The lock-up period is usually 90–180 days, depending on the company. Although lockups used to be fairly simple – typically lasting 180 days – they are gradually becoming more complex.
Investors and employees usually want lockups that are shorter so that they can cash out earlier. Underwriting banks often want lockups that are longer to prevent insiders from dropping the share price. The company is usually somewhere in the middle. They want to ensure that the investors are happy but do not want it to seem like insiders lack faith in the stock.
What is the Purpose of an IPO Lock-up Period?
A company usually brings in more money when the price and demand for the stock are up. When a private entity goes public, many key employees usually want to cash in their stock as quickly as possible. The main purpose of an IPO lock-up period is to prevent flooding of the market with too many shares, which will lower the stock’s price.

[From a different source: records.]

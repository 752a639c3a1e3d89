-- ===== src/Shell/Buffer.antt =====
-- The line buffer of the shell and its strings, src/kernel/shell.c.
use wig_osx.Base.{
  ℕ, zero, suc, ◌+◌, ◌≤◌, ◌<◌, ◌≡◌, ap, ◌∙◌, Bool, true, false, not, ◌&&◌, Option, none, some, List,
  [], ◌∷◌, length, arith, ◌==◌, if◌then◌else◌, get_or,
}
use wig_osx.Base.Text.{no_zeros}

-- `SHELL_BUFFER_SIZE`.
abbrev pub buffer_size : ℕ
buffer_size = 64

-- The file's static variables.
pub record Shell : Type 0 where
  pub buffer : ℕ → ℕ
  pub buffer_length : ℕ

-- A literal as the array that C makes of it.
abbrev pub literal : List ℕ → ℕ → ℕ
literal cs i = get_or cs i 0

-- The loop of `shell_strings_equal` from an index on, with fuel. `none` means that the fuel ran out.
unfoldable pub compare_from : ℕ → (ℕ → ℕ) → (ℕ → ℕ) → ℕ → Option Bool
compare_from zero left right index = none
compare_from (suc fuel) left right index = elim (not (left index == 0) && not (right index == 0)) [
  | false ↦ some (left index == 0 && right index == 0)
  | true ↦ elim (left index == right index) [
    | false ↦ some false
    | true ↦ compare_from fuel left right (suc index)
  ]
]

abbrev answer : Option Bool → Bool
answer none = false
answer (some b) = b

-- `shell_strings_equal` of the buffer and a literal that is shorter than the buffer.
unfoldable pub strings_equal : (ℕ → ℕ) → (ℕ → ℕ) → Bool
strings_equal left right = answer (compare_from buffer_size left right 0)

unfoldable pub command_is_empty : (ℕ → ℕ) → Bool
command_is_empty command = command 0 == 0

-- The C string of an array from an index on, at most so many characters.
unfoldable pub string_at : ℕ → (ℕ → ℕ) → ℕ → List ℕ
string_at zero a i = []
string_at (suc n) a i = if a i == 0 then [] else a i ∷ string_at n a (suc i)

-- The command that the buffer holds.
abbrev pub command_text : (ℕ → ℕ) → List ℕ
command_text buffer = string_at buffer_size buffer 0

unfoldable pub same_text : List ℕ → List ℕ → Bool
same_text [] [] = true
same_text [] (d ∷ ds) = false
same_text (c ∷ cs) [] = false
same_text (c ∷ cs) (d ∷ ds) = c == d && same_text cs ds

compare_from_lem :
    (fuel : ℕ) (left right : ℕ → ℕ) (i : ℕ) (rest : List ℕ)
    → ((k : ℕ) → right (i + k) ≡ get_or rest k 0)
    → no_zeros rest ≡ true
    → length rest < fuel
    → compare_from fuel left right i ≡ some (same_text (string_at fuel left i) rest)
unfolding compare_from string_at same_text no_zeros
compare_from_lem zero left right i rest e z h = absurd (omega (arith, h))
compare_from_lem (suc fuel) left right i [] e z h =
    ground (arith, e 0, ap right {x = i + 0} {y = i})
compare_from_lem (suc fuel) left right i (c ∷ cs) e z h =
    let next =
      compare_from_lem fuel left right (suc i) cs
        (λ k. ap right {y = i + suc k} (omega arith) ∙ e (suc k)) in
    ground (arith, e 0, ap right {x = i + 0} {y = i}, next, z, h)

-- For any array, and a text of at most 63 characters without a terminator in it: the loop of `shell_strings_equal`
-- ends within 64 rounds, and its answer is whether the C string in the array is that text.
pub strings_equal_lem :
    (left : ℕ → ℕ) (cs : List ℕ)
    → no_zeros cs ≡ true
    → length cs ≤ 63
    → (compare_from buffer_size left (literal cs) 0 ≡ some (same_text (command_text left) cs))
      × (strings_equal left (literal cs) ≡ same_text (command_text left) cs)
unfolding strings_equal
strings_equal_lem left cs z h =
    let e =
      compare_from_lem 64 left (literal cs) 0 cs (λ k. ap (λ j. get_or cs j 0) (omega arith)) z
        (omega (arith, h)) in
    (e, ap answer e)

The lock-up period is also important because large stock sales by people close to the company may give the impression of a lack of confidence in its prospects. It is common for the stock price of a company to go down permanently after the end of the lock-up period.
At times, corporate insiders can’t sell their shares even after the expiry of the lock-up period because they possess substantial, nonpublic information and, therefore, a sale would be considered as insider trading. A similar scenario may occur, for instance, if the expiry of the lock-up corresponded with earnings season.
An IPO lock-up period is a contractual constraint that inhibits business insiders holding stock before the company goes public from selling their stock for a period. Such Insiders may include company owners, founders, employees, managers and venture capitalists.
The purpose of lockups is to stop corporate insiders from hastily liquidating assets after the company’s IPO. It helps ensure that the stock price will not decline from a sudden flood of selling.
The lock-up period for freshly issued public shares helps stabilize the price of the stock on entering the market. When corporate insiders sell their shares in the company to the public, it may appear that the company is not worth investing in.